Give again, word for word, every line in the entries below from the line with "pub record StepTrace : Type 0 where" up to and including the line with "Exec M A = Machine M → Outcome A × Machine M", and no other line.

>>>

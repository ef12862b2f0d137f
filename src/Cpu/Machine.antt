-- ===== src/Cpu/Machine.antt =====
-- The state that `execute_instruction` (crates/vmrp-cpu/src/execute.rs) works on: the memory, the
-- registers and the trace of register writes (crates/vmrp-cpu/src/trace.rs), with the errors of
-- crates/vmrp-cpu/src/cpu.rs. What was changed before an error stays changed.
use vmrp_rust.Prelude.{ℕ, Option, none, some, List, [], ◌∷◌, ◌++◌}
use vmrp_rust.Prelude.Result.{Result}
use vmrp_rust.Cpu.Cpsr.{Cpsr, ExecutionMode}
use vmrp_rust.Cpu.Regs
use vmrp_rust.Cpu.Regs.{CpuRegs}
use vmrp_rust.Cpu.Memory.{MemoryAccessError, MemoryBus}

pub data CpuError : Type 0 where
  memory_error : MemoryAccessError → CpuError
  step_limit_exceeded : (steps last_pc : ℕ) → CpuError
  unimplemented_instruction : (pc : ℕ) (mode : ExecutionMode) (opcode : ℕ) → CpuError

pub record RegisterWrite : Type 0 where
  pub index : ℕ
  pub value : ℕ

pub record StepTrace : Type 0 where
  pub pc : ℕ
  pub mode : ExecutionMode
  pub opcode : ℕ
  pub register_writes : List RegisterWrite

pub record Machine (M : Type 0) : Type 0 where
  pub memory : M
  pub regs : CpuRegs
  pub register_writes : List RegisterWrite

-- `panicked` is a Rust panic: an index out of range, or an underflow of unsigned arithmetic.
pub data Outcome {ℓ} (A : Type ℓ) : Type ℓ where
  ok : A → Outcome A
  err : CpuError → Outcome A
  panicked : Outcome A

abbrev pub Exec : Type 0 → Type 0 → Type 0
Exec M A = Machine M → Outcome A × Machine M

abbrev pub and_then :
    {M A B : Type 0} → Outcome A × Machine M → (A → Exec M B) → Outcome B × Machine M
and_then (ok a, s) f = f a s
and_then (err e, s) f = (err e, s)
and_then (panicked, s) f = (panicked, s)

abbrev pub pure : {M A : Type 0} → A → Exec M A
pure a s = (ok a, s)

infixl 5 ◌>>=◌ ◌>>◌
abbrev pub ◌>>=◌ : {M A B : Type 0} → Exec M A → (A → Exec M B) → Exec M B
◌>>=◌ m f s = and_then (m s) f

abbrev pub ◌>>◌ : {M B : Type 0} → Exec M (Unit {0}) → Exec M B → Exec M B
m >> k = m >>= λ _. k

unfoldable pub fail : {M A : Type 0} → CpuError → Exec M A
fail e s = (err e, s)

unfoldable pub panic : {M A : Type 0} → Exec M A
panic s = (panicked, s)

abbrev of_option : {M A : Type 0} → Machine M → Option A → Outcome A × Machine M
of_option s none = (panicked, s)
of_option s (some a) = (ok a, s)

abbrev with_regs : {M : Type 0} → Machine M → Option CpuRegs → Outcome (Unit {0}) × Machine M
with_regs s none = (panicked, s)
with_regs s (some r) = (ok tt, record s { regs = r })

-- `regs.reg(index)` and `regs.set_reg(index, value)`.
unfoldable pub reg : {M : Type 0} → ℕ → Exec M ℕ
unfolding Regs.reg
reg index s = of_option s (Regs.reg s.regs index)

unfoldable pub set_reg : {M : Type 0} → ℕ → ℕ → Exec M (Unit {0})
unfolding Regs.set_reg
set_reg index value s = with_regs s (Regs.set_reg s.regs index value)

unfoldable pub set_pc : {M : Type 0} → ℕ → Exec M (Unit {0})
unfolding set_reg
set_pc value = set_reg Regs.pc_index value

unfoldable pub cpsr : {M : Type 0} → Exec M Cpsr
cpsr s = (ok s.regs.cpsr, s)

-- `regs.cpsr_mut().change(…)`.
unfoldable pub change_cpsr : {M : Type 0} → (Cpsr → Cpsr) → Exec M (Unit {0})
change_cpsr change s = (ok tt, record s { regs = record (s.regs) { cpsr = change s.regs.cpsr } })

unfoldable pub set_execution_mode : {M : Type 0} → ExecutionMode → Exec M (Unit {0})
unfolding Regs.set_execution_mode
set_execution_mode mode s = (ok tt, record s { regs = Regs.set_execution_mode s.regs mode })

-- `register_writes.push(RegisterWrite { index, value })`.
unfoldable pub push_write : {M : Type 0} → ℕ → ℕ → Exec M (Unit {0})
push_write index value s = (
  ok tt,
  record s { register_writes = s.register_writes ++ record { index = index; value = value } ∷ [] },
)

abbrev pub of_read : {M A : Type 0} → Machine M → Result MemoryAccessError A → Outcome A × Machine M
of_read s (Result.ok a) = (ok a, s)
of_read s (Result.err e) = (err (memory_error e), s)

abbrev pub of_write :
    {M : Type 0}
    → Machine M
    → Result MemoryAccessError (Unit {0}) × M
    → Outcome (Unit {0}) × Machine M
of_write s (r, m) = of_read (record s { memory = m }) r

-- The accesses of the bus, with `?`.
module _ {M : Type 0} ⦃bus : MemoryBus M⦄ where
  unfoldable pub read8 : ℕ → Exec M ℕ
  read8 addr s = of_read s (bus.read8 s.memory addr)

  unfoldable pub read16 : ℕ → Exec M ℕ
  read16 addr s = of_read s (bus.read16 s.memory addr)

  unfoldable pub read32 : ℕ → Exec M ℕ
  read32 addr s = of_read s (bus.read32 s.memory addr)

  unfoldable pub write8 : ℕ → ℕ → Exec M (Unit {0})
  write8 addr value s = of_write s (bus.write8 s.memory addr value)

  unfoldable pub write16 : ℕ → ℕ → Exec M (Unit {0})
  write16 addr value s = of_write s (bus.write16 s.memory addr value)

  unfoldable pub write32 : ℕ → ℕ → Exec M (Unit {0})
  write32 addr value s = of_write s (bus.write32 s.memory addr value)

<<<
>>>

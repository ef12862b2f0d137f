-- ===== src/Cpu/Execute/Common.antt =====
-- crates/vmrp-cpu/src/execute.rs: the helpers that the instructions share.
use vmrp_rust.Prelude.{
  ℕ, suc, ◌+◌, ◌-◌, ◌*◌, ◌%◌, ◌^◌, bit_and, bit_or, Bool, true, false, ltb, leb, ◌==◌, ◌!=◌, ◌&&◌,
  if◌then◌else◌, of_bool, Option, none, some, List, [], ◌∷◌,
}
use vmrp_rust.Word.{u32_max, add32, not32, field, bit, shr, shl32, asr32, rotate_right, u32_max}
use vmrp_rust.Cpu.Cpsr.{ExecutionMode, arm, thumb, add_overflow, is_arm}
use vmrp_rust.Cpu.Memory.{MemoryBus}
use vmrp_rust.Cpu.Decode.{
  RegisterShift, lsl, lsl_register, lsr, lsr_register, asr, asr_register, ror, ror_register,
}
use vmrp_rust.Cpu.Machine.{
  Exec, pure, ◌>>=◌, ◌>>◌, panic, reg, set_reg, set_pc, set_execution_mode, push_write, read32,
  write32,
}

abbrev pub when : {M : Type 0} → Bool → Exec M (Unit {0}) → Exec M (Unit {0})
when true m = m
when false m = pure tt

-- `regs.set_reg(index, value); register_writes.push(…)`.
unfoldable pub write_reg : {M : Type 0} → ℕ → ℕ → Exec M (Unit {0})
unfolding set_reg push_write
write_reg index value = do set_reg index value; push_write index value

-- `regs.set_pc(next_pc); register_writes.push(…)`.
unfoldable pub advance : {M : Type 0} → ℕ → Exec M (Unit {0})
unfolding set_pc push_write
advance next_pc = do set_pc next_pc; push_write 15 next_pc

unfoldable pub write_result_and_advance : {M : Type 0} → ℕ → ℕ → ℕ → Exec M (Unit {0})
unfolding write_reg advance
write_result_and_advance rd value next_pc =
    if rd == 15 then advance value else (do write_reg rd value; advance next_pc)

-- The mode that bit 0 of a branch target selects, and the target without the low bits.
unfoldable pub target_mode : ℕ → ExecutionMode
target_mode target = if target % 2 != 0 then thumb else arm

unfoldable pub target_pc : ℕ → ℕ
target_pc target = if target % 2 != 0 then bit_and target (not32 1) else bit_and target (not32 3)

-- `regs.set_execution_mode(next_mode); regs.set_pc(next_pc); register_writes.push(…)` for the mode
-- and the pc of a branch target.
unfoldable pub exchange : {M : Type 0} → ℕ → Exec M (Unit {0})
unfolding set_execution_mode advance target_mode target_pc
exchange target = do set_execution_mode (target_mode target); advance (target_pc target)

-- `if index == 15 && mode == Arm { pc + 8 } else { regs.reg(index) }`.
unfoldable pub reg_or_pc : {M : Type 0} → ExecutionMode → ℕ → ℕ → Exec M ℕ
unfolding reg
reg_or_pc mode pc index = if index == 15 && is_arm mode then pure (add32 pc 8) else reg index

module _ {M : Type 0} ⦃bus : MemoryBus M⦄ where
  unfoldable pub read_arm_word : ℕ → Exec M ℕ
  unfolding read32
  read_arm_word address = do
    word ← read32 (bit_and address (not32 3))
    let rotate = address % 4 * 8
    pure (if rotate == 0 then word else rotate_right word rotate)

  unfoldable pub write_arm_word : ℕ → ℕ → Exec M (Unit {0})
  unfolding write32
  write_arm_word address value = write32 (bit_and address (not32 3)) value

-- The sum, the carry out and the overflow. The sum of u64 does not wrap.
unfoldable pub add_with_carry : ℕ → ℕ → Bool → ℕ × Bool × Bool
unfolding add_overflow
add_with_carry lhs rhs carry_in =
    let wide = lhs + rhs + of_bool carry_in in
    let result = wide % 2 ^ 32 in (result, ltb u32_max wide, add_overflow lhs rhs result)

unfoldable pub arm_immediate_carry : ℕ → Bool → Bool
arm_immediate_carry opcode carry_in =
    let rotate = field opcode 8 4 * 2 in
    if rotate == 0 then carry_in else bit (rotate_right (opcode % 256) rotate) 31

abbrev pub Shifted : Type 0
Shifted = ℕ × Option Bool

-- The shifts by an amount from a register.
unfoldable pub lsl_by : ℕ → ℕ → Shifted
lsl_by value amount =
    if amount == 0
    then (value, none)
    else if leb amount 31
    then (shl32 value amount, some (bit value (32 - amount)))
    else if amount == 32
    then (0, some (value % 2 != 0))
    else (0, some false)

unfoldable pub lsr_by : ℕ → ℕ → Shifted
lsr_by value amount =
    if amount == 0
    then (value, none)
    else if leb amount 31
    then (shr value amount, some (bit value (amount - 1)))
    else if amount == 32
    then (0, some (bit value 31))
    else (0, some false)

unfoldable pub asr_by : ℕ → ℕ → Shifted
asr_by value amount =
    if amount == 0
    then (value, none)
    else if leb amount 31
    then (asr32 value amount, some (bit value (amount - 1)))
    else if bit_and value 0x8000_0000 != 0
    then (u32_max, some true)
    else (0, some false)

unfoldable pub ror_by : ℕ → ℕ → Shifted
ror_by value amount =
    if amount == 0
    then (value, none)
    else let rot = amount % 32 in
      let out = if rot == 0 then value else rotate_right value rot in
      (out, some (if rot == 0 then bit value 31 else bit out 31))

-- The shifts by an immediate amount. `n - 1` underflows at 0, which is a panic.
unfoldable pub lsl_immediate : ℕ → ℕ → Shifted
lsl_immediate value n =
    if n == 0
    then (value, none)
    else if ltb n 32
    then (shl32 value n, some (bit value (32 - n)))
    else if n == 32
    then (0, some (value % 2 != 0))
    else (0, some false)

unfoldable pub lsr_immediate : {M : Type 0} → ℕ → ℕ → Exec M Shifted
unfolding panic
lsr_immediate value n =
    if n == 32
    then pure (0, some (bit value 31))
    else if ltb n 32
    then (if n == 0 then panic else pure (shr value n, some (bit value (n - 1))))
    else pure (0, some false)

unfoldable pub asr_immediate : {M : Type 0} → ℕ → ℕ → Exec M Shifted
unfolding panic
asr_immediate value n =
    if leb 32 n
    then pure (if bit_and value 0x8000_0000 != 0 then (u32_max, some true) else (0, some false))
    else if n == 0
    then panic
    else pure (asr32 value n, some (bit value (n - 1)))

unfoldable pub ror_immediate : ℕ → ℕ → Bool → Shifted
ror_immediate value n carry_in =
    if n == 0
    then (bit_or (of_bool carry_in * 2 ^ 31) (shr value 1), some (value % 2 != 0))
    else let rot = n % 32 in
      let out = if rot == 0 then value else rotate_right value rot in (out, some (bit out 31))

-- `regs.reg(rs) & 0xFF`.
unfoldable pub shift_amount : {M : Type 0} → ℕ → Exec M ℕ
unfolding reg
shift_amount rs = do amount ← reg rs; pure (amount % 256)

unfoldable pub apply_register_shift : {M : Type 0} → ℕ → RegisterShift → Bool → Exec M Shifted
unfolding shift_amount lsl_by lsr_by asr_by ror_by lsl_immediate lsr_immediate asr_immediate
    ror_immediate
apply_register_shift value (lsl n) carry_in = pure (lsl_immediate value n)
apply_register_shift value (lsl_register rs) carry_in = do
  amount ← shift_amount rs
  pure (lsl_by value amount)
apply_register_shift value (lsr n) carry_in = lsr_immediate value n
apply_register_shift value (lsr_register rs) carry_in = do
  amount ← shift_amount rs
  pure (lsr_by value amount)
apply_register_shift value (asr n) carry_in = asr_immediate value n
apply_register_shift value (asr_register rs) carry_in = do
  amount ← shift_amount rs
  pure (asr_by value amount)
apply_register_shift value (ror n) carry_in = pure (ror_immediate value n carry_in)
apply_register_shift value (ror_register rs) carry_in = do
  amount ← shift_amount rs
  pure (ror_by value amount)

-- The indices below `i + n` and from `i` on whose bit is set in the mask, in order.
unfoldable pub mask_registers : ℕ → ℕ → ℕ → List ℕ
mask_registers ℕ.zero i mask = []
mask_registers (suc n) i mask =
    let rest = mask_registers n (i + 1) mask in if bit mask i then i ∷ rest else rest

<<<

#### Task result:
pub record StepTrace : Type 0 where
  pub pc : ℕ
  pub mode : ExecutionMode
  pub opcode : ℕ
  pub register_writes : List RegisterWrite

pub record Machine (M : Type 0) : Type 0 where
  pub memory : M
  pub regs : CpuRegs
  pub register_writes : List RegisterWrite

-- `panicked` is a Rust panic: an index out of range, or an underflow of unsigned arithmetic.
pub data Outcome {ℓ} (A : Type ℓ) : Type ℓ where
  ok : A → Outcome A
  err : CpuError → Outcome A
  panicked : Outcome A

abbrev pub Exec : Type 0 → Type 0 → Type 0
Exec M A = Machine M → Outcome A × Machine M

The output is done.